トランプを手玉に取ろうとするプーチン
プーチン氏からすると、米国的な価値観で主義主張を押し付けてくる民主党の大統領よりも、交渉の余地があるトランプ氏の方が相手をしやすいことは間違いない。それに、トランプ氏は何を言い出すか分からない予測不能な人物だ。米国の外交の原則である、西側諸国の安全保障や民主主義を変える可能性もあるトランプ氏は、むしろ好都合なのだ。
東西冷戦時代から諜報活動の最前線にいた百戦錬磨のプーチン氏からすれば、「トランプの妄想に取り入って、手玉に取ってやろう」と思っているフシは大いにある。
強権的な指導者しかいない!ロシア史
両国のリーダー像には大きな違いがある。米国では子どもの頃から「リーダーシップが大事」と言われて育つ。片や、ロシアでは「リーダーシップを発揮しない方が安全」といわれている。米露のリーダーシップの違いを理解するには、歴史的な経緯を知ることが不可欠だ。
ロシアはロマノフ朝のロシア帝国の時代から、ソ連時代、ソ連崩壊後を含めて、西側的な民主主義を経験したことがない。ほぼ一貫して、強権的な指導者が国家統治してきた(一部で啓蒙君主といわれる皇帝はいたが、強権的であったことはおおむね当てはまる)。

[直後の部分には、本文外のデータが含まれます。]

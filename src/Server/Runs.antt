-- ===== src/Server/Runs.antt =====
-- Writes of src/blockstorage_server.cc in a row, on a primary and its backup.
use replicated_block_store.Prelude.{
  ℕ, ◌≡◌, ◌≤◌, ◌+◌, refl, ◌∙◌, List, [], ◌∷◌, Bytes, length, arith, All, Bool,
}
use replicated_block_store.Disk.{Faults}
use replicated_block_store.Address.{block_size, block_storage_max_size}
use replicated_block_store.Address.Paths.{max_blocks}
use replicated_block_store.Device.{Device, write_device}
use replicated_block_store.Server.{Server, ok, Outcome, returns}
use replicated_block_store.Server.Block.{WriteReply}
use replicated_block_store.Server.Write.{reply, write}
use replicated_block_store.Server.Staging.{Calm}
use replicated_block_store.Server.View.{view}
use replicated_block_store.Server.Link.{linked}
use replicated_block_store.Server.Replication.{write_replicates}
use replicated_block_store.Server.Sound.{IsSound, IsReady-sound, write-IsSound}

-- A request, and the id that its transaction is given.
pub record Request : Type 0 where
  pub address : ℕ
  pub buffer : Bytes
  pub txn_id : Bytes

abbrev pub IsWhole : Request → Type 0
IsWhole r = (r.address + block_size ≤ block_storage_max_size) × (length r.buffer ≡ block_size)

-- The answers to requests in a row, and the servers behind them.
abbrev pub run :
    Faults
    → Faults
    → Bool
    → List Request
    → Server
    → Server
    → List (Outcome WriteReply) × Server × Server
run os osb cache_on [] s p = ([], s, p)
run os osb cache_on (r ∷ rs) s p =
    let (o, s', p') = write os cache_on (linked osb) r.txn_id r.address r.buffer s p in
    let (more, s'', p'') = run os osb cache_on rs s' p' in (o ∷ more, s'', p'')

-- The same requests on the device.
abbrev pub write_all : List Request → Device → Device
write_all [] v = v
write_all (r ∷ rs) v = write_all rs (write_device r.address r.buffer v)

pub write_device-congr :
    (a : ℕ) (buffer : Bytes) (v w : Device) (b : ℕ)
    → v b ≡ w b
    → write_device a buffer v b ≡ write_device a buffer w b
unfolding write_device
write_device-congr a buffer v w b h = ground arith

pub write_all-congr :
    (rs : List Request) (v w : Device) (b : ℕ) → v b ≡ w b → write_all rs v b ≡ write_all rs w b
write_all-congr [] v w b h = h
write_all-congr (r ∷ rs) v w b h =
    write_all-congr rs _ _ b (write_device-congr r.address r.buffer v w b h)

-- Any number of writes of 4096 bytes within the bounds, one behind the other, from disks on which
-- every block is there and no temporary file is, and with nothing refused on the way: each of them
-- answers OK, both servers hold what the writes make of the device that they held, and their disks
-- are such disks again.
pub run_replicates :
    (os osb : Faults) (cache_on : Bool) (rs : List Request) (s p : Server)
    → Calm os
    → Calm osb
    → All IsWhole rs
    → IsSound s.disk
    → IsSound p.disk
    → let w = run os osb cache_on rs s p in
      All (λ o. o ≡ returns (reply ok)) w.0
      × ((b : ℕ) → b ≤ max_blocks → view w.1.disk b ≡ write_all rs (view s.disk) b)
      × ((b : ℕ) → b ≤ max_blocks → view w.2.disk b ≡ write_all rs (view p.disk) b)
      × IsSound w.1.disk
      × IsSound w.2.disk
run_replicates os osb cache_on [] s p calm calmb h sound soundb =
    (tt, (λ b hb. refl), (λ b hb. refl), sound, soundb)
run_replicates os osb cache_on (r ∷ rs) s p calm calmb ((bound, n), h) sound soundb =
    let w = write os cache_on (linked osb) r.txn_id r.address r.buffer s p in
    let (o, vs, vp, _, _) =
      write_replicates os osb cache_on r.txn_id r.buffer r.address s p calm calmb bound n
        (IsReady-sound s.disk r.address bound sound)
        (IsReady-sound p.disk r.address bound soundb) in
    let (sound', soundb') =
      write-IsSound os osb cache_on r.txn_id r.buffer r.address s p calm calmb bound n sound
        soundb in
    let (os', ws, wp, ss, sp) =
      run_replicates os osb cache_on rs w.1 w.2 calm calmb h sound' soundb' in
    (
      (o, os'),
      (λ b hb. ws b hb ∙ write_all-congr rs _ _ b (vs b hb)),
      (λ b hb. wp b hb ∙ write_all-congr rs _ _ b (vp b hb)),
      ss,
      sp,
    )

加えて、ロシアは19世紀半ばまで奴隷に近い「農奴」が存在した国である。当時、各国に貧しい農民はいくらでもいた。が、農民の大多数が、牛や馬のように売り買いの対象になっていた国は多くない。米国でも移民が奴隷として運ばれた歴史はあるが、ロシアでは自国内の大半の農民が奴隷と同じように人身売買されていた点は、他の西欧諸国とは大きく違う。
国土が広く多くの国と隣接しているため、統治のためには強権が必要な面もあったのだろう。農奴が制度として廃止されても、「圧倒的に強い指導者」と「弱い庶民」という構図は残った(ただし、先祖が農奴でも国家指導者になったスターリン書記長など階層間の流動性はある)。
一方で、人権侵害が続くことに反発した民主的な動きが高まったことも、もちろんある。トルストイのような人道主義者や、ナワリヌイ氏のような反体制指導者が登場した。その意味では、社会の矛盾を深く思索する哲学的な人材や、身を危険にさらしても社会の変革に尽力しようとする人材は存在する。
しかし、社会全体の体制としては、強権的な政治がほぼ間断なく続き、弱い庶民は反抗のための牙を抜かれてしまっている。